Don't these people ever learn? As soon as you eliminate inter-state restrictions there will be a stampede of insurance companies to states with the weakest regulations. Fly by night operators will start selling cheap policies to unsuspecting consumers who will then get screwed when the companies evaporate faster than the sub-prime mortgage lenders.

And then there was this choice bit:

"The second attack is that people with pre-existing medical conditions will have trouble getting affordable coverage on the individual market. That is true. But those people already have such trouble under today’s system."

Excuse me? The current system already sucks so why should we expect anything better?

Great plan, John. Good luck getting coverage with that skin cancer problem of yours.

Sunday, March 2, 2008

Conservatism Fails

It has been said that Conservatism can never fail - it can only be failed.

This helpful little aphorism allows movement conservatives to explain away circumstances where their core beliefs fail to deliver. It's not the belief that failed; it was just poorly implemented.

So today Ken Sikkema (former leader of the Michigan State Senate) comes out with a letter stating that deregulation of the state's utilities failed to produce any of the benefits that were supposed to come from competition. How can this be? Isn't de-regulation always supposed to help the consumer? Do you mean to say that it only helped the utilities (who wrote the bill)? Oh my gosh, I just can't believe it.

De-regulation was also supposed to help banks offer cheaper mortgages, allowing more Americans to own homes! We've seen how well that is working. And how about competition helping the public schools? No improvement in test scores for seven years from Charter Schools? Oh, dear - must need a little more time for the miracle of competition to deliver.

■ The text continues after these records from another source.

-- ===== src/FinancialCore/Books/Windows.antt =====
-- The books under the undo window (backend/modules/financial_core/application/undo.py and holding.py) and over
-- every sequence of its transactions.
use money_management_pstu_ha.Prelude.{ℕ, ◌≡◌, refl, String, Option}
use money_management_pstu_ha.Prelude.Int.{pos}
use money_management_pstu_ha.Prelude.Exec.{atomically}
use money_management_pstu_ha.Prelude.Exec.Ensures.{
  Keeps, keeps_rules, Keeps-bind, Keeps-lift, Keeps-gets, Keeps-option_case, atomically-Keeps,
}
use money_management_pstu_ha.Database.{Db}
use money_management_pstu_ha.Database.Enums.{TaskType}
use money_management_pstu_ha.Database.Json.{Fields}
use money_management_pstu_ha.FinancialCore.Policies.{no_fee}
use money_management_pstu_ha.FinancialCore.Transfer.{Policy, Interceptor, TransferCommand, execute}
use money_management_pstu_ha.FinancialCore.Holding.{HoldOrder, SettlementOrder, hold, settle_hold}
use money_management_pstu_ha.FinancialCore.Undo.{
  SendOrder, require_hold, send, take_back, undo, finalise, settle,
}
use money_management_pstu_ha.Scheduling.{schedule, cancel}
use money_management_pstu_ha.FinancialCore.Books.{IsSound, nothing_pending}
use money_management_pstu_ha.FinancialCore.Books.Writes.{
  IsBookFact, logs, IsSoundUpTo-IsBookFact, write-Keeps, new_ulid-Keeps, database_now-Keeps,
  clock_now-Keeps, try_transition_status-Keeps, get-Keeps, get_by_id-Keeps, reserve-Keeps,
  complete-Keeps,
}
use money_management_pstu_ha.FinancialCore.Books.Execution.{InterceptorLaws, execute-IsSound}

module _ {P : Db → Type 0} (fact : IsBookFact P) where
  schedule-Keeps : (t : TaskType) (resource delay : ℕ) → Keeps P (schedule t resource delay)
  unfolding schedule
  schedule-Keeps t resource delay = Keeps-bind _ _ (new_ulid-Keeps (logs fact)) λ id.
      Keeps-bind _ _ (database_now-Keeps (logs fact))
        λ now. Keeps-bind _ _ (write-Keeps fact _ (λ db. refl) (λ db. refl)) λ _. Keeps-lift _

  cancel-Keeps : (t : TaskType) (resource : ℕ) → Keeps P (cancel t resource)
  unfolding cancel
  cancel-Keeps t resource = Keeps-bind _ _ (database_now-Keeps (logs fact)) λ now.
      Keeps-bind _ _ (Keeps-gets _)
        λ rows. Keeps-bind _ _ (write-Keeps fact _ (λ db. refl) (λ db. refl)) λ _. Keeps-lift _

  require_hold-Keeps : (id : ℕ) → Keeps P (require_hold id)
  unfolding require_hold
  require_hold-Keeps id = search (keeps_rules, get-Keeps (logs fact)) depth 10

IsSound-fact : IsBookFact IsSound
IsSound-fact = IsSoundUpTo-IsBookFact nothing_pending (pos 0)

module _ (digest : Fields → String) (policy : Policy) (free : policy.fees ≡ no_fee)
    (interceptor : Interceptor) (laws : InterceptorLaws interceptor) where
  settle_hold-IsSound :
      (o : SettlementOrder) → Keeps IsSound (settle_hold digest policy interceptor o)
  unfolding settle_hold
  settle_hold-IsSound o =
      search
        (
          keeps_rules,
          try_transition_status-Keeps IsSound-fact,
          execute-IsSound policy free interceptor laws,
        )
        depth 8

  hold-IsSound : (o : HoldOrder) → Keeps IsSound (hold digest policy interceptor o)
  unfolding hold
  hold-IsSound o = execute-IsSound policy free interceptor laws _

  send-IsSound :
      (window : ℕ) (o : SendOrder) → Keeps IsSound (send digest policy interceptor window o)
  unfolding send
  send-IsSound window o = search (keeps_rules, hold-IsSound, schedule-Keeps IsSound-fact) depth 10

  take_back-IsSound :
      (window id actor : ℕ) (key : String) (request_id : Option String) (now : ℕ)
      → Keeps IsSound (take_back digest policy interceptor window id actor key request_id now)
  unfolding take_back
  take_back-IsSound window id actor key request_id now =
      Keeps-bind _ _ (require_hold-Keeps IsSound-fact id) λ held.
        Keeps-bind _ _ (get_by_id-Keeps (logs IsSound-fact) _) λ sender.
          Keeps-bind _ _ (Keeps-lift _) λ _. Keeps-bind _ _ (settle_hold-IsSound _) λ settlement.
            Keeps-bind _ _ (search (keeps_rules, cancel-Keeps IsSound-fact) depth 4)
              λ _. Keeps-bind _ _ (complete-Keeps IsSound-fact _ _ _ _ _) λ _. Keeps-lift _

  undo-IsSound :
      (window id actor : ℕ) (key : String) (request_id : Option String)
      → Keeps IsSound (undo digest policy interceptor window id actor key request_id)
  unfolding undo
  undo-IsSound window id actor key request_id =
      Keeps-bind _ _ (clock_now-Keeps (logs IsSound-fact)) λ now.
        Keeps-bind _ _ (reserve-Keeps IsSound-fact _ _ _) λ decision.
          Keeps-bind _ _ (Keeps-lift _) λ replayed.
            Keeps-option_case _ _ _ (take_back-IsSound window id actor key request_id now)
              λ body. Keeps-lift _

  settle-IsSound : (window id : ℕ) → Keeps IsSound (settle digest policy interceptor window id)
  unfolding settle finalise
  settle-IsSound window id =
      search (keeps_rules, settle_hold-IsSound, get-Keeps (logs IsSound-fact)) depth 12

  -- One transaction, or the passing of time.
  pub data Step (window : ℕ) : Db → Db → Type 0 where
    transfers :
        (command : TransferCommand) (db : Db)
        → Step window db (atomically (execute policy interceptor command) db).1
    sends :
        (o : SendOrder) (db : Db)
        → Step window db (atomically (send digest policy interceptor window o) db).1
    takes_back :
        (id actor : ℕ) (key : String) (request_id : Option String) (db : Db)
        → Step window db
            (atomically (undo digest policy interceptor window id actor key request_id) db).1
    settles :
        (id : ℕ) (db : Db)
        → Step window db (atomically (settle digest policy interceptor window id) db).1
    waits :
        (now db_now : ℕ) (db : Db) → Step window db (record db { clock = now; db_clock = db_now })

  -- What a sequence of steps leads to.
  pub data Leads (window : ℕ) : Db → Db → Type 0 where
    stays : (db : Db) → Leads window db db
    goes_on : (a b c : Db) → Leads window a b → Step window b c → Leads window a c

  Step-IsSound : (window : ℕ) (a b : Db) → Step window a b → IsSound a → IsSound b
  Step-IsSound window a b (transfers command db) h =
      atomically-Keeps _ (execute-IsSound policy free interceptor laws command) db h
  Step-IsSound window a b (sends o db) h = atomically-Keeps _ (send-IsSound window o) db h
  Step-IsSound window a b (takes_back id actor key request_id db) h =
      atomically-Keeps _ (undo-IsSound window id actor key request_id) db h
  Step-IsSound window a b (settles id db) h = atomically-Keeps _ (settle-IsSound window id) db h
  Step-IsSound window a b (waits now db_now db) h = IsSound-fact.carry db _ refl refl h

  -- Books that balance still balance after any sequence of transfers, undoable sends, undos, settlements and
  -- waits, each in its transaction, failed ones included, if the fee strategy is `NoFee` and the interceptor
  -- books nothing that is unbalanced by itself.
  pub Leads-IsSound : (window : ℕ) (a b : Db) → Leads window a b → IsSound a → IsSound b
  Leads-IsSound window a b (stays db) h = h
  Leads-IsSound window a b (goes_on x y z before step) h =
      Step-IsSound window y z step (Leads-IsSound window x y before h)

Obviously my point here is that Conservatism does in fact fail - and not because of poor execution. Some essential services do need to be regulated despite the cannons of Conservative ideology. Although the wonders of Adam Smith's free hand of competition may work in theory, the real world, particularly in the short term, is not so cooperative.

Saturday, March 1, 2008

The Debt Crisis

One of the things saving us from a complete meltdown of the U.S. financial system may be the fact very few people understand what is happening.

I'm not trying to sound like a snob, it's just that the debt market can't be easily described - or distilled down to a simple number like the Dow Jones averages. In fact there is no debt market as such; there are dozens of different markets that are all interrelated.

Suffice to say the debt market is many times larger than the stock market and is the grease that keeps the economy moving from day to day. Problems in the stock market can be costly - but a company doesn't shut down because its stock is off 10%. On the other hand, problems in the debt market can make a company (or the Michigan student loan program, or even an entire nation) shut down virtually overnight.

The debt market has been exploited by Wall Street wizards to such a degree that no one really understands it any more. This has been done through the use of derivatives, futures, swaps and options that have nominal values in the trillions of dollars. The Federal Reserve bank has a group of PhD analysts trying to define all the potential failure modes and even they don't understand it.

The prevailing view is that the U.S. government can solve any financial crisis and is too big to fail.

Guess what: it's not true. If people lose confidence in the ability of a borrower (any borrower) to repay its debts, the whole game shuts down. overnight.

If you want to get into the depths of this. Spend some time at the Calculated Risk blog. They make even the most dense and arcane stuff at least somewhat understandable.